• Problem statement
Please give back, word for word, only the lines starting at the one containing "(first_name (hoist_memo_to_front sorted" and ending at the one containing "name)) ≡ count p kept)" within the material below.

• Records to process
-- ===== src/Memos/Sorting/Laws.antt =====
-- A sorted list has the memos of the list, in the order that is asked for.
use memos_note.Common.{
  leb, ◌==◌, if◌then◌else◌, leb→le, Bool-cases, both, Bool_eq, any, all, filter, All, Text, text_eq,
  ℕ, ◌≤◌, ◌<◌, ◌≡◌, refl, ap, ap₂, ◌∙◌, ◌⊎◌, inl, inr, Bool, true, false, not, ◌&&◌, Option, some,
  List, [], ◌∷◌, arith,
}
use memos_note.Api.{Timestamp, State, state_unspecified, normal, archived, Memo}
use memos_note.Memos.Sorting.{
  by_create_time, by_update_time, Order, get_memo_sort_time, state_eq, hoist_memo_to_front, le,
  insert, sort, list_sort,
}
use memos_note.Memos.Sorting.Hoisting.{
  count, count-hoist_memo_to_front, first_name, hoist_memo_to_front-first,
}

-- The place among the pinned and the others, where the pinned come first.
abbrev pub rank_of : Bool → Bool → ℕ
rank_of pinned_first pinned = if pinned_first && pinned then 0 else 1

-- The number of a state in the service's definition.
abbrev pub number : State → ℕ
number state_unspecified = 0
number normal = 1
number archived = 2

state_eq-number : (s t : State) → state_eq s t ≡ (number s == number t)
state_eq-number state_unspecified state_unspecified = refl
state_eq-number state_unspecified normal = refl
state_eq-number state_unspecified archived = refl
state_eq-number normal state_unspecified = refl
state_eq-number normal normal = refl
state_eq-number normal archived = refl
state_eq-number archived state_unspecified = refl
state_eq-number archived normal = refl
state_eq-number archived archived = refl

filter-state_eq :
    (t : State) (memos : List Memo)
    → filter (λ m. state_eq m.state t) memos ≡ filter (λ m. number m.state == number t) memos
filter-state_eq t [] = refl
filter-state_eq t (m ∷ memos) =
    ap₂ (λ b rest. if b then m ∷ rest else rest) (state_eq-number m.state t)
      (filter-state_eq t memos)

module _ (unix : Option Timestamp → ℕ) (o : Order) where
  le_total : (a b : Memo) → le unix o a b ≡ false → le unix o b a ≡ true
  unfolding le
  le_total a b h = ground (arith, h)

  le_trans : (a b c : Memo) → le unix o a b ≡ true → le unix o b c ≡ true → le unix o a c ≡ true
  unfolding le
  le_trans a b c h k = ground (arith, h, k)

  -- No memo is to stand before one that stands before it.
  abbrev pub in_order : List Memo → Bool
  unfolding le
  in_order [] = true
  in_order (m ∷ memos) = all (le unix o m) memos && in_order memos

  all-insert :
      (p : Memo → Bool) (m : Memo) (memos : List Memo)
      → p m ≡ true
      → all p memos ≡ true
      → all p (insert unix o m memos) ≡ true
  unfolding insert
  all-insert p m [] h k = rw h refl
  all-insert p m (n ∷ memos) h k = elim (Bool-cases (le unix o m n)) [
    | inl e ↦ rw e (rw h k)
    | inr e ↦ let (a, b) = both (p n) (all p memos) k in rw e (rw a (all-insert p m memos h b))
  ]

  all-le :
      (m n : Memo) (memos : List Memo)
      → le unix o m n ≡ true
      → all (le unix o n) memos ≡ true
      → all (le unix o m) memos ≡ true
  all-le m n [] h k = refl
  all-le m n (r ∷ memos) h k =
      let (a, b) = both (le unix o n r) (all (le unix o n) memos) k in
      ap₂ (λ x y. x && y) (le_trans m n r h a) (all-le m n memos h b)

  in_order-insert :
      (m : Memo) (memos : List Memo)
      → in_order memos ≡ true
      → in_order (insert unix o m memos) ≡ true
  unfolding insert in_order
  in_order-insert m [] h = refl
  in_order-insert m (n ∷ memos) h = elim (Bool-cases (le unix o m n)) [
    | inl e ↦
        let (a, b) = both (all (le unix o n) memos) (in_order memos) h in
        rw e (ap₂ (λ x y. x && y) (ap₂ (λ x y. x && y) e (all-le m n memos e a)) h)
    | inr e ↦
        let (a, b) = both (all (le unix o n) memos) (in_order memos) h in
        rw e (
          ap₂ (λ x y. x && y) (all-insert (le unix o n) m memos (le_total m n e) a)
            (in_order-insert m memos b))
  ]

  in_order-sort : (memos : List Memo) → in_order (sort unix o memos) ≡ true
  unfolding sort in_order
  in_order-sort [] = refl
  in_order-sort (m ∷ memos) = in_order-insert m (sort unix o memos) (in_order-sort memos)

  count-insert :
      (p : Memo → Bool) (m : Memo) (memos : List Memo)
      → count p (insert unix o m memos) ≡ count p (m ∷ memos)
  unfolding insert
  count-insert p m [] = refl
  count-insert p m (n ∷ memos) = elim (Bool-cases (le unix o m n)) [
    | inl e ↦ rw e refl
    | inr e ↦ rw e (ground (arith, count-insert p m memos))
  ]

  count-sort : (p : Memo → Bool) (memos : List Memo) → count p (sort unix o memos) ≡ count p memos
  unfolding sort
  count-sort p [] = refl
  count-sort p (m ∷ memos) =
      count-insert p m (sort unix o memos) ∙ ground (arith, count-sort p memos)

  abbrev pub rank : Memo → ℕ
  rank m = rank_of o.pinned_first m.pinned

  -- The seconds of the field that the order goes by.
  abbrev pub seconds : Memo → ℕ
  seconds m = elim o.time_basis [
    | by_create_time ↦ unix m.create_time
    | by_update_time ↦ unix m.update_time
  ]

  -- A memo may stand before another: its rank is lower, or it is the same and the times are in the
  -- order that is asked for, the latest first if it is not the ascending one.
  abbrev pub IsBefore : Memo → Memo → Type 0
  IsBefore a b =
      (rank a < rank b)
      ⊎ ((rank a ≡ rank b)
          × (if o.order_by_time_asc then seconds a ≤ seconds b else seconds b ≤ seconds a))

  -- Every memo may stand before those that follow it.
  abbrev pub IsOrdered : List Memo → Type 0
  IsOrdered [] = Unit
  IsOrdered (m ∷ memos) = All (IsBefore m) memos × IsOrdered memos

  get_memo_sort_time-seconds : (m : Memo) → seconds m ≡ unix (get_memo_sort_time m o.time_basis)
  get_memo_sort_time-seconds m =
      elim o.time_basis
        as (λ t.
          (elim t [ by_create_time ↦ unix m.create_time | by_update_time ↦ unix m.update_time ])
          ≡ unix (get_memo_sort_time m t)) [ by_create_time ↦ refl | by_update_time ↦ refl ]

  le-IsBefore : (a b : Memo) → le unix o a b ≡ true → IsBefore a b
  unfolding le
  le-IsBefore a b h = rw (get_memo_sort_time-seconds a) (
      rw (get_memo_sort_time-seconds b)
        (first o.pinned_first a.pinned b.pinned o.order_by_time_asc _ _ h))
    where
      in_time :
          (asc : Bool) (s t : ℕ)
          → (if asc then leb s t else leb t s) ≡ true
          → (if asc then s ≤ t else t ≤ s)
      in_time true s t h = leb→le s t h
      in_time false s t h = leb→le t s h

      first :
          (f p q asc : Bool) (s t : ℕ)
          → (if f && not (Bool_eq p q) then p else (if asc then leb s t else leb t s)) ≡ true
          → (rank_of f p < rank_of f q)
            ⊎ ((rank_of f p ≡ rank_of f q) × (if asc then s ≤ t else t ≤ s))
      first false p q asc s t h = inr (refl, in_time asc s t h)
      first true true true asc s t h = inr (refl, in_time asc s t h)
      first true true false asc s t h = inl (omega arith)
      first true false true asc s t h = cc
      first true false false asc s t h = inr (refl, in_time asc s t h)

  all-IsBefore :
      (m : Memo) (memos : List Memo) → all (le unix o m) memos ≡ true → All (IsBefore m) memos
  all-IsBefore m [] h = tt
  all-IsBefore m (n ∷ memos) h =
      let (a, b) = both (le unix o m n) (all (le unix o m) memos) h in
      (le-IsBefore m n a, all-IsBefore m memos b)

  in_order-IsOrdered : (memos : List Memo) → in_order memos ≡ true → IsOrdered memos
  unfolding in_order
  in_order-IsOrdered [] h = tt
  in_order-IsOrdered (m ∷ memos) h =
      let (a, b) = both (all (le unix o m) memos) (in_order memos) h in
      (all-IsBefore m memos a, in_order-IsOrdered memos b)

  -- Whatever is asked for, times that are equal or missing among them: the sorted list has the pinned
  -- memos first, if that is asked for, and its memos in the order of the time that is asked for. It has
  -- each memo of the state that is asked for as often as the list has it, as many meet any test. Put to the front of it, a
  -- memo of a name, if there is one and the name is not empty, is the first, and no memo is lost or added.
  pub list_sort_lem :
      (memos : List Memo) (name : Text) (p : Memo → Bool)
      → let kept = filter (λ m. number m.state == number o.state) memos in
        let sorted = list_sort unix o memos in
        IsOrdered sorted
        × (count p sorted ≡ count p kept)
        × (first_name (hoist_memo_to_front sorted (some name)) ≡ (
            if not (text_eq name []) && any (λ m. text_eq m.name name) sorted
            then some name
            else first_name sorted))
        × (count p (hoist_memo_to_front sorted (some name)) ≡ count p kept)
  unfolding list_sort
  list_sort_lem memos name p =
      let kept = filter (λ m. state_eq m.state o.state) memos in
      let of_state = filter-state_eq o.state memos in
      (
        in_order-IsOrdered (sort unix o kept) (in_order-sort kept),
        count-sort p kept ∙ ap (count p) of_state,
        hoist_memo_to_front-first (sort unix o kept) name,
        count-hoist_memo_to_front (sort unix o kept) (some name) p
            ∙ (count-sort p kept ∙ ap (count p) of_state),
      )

• Written answer
        × (first_name (hoist_memo_to_front sorted (some name)) ≡ (
            if not (text_eq name []) && any (λ m. text_eq m.name name) sorted
            then some name
            else first_name sorted))
        × (count p (hoist_memo_to_front sorted (some name)) ≡ count p kept)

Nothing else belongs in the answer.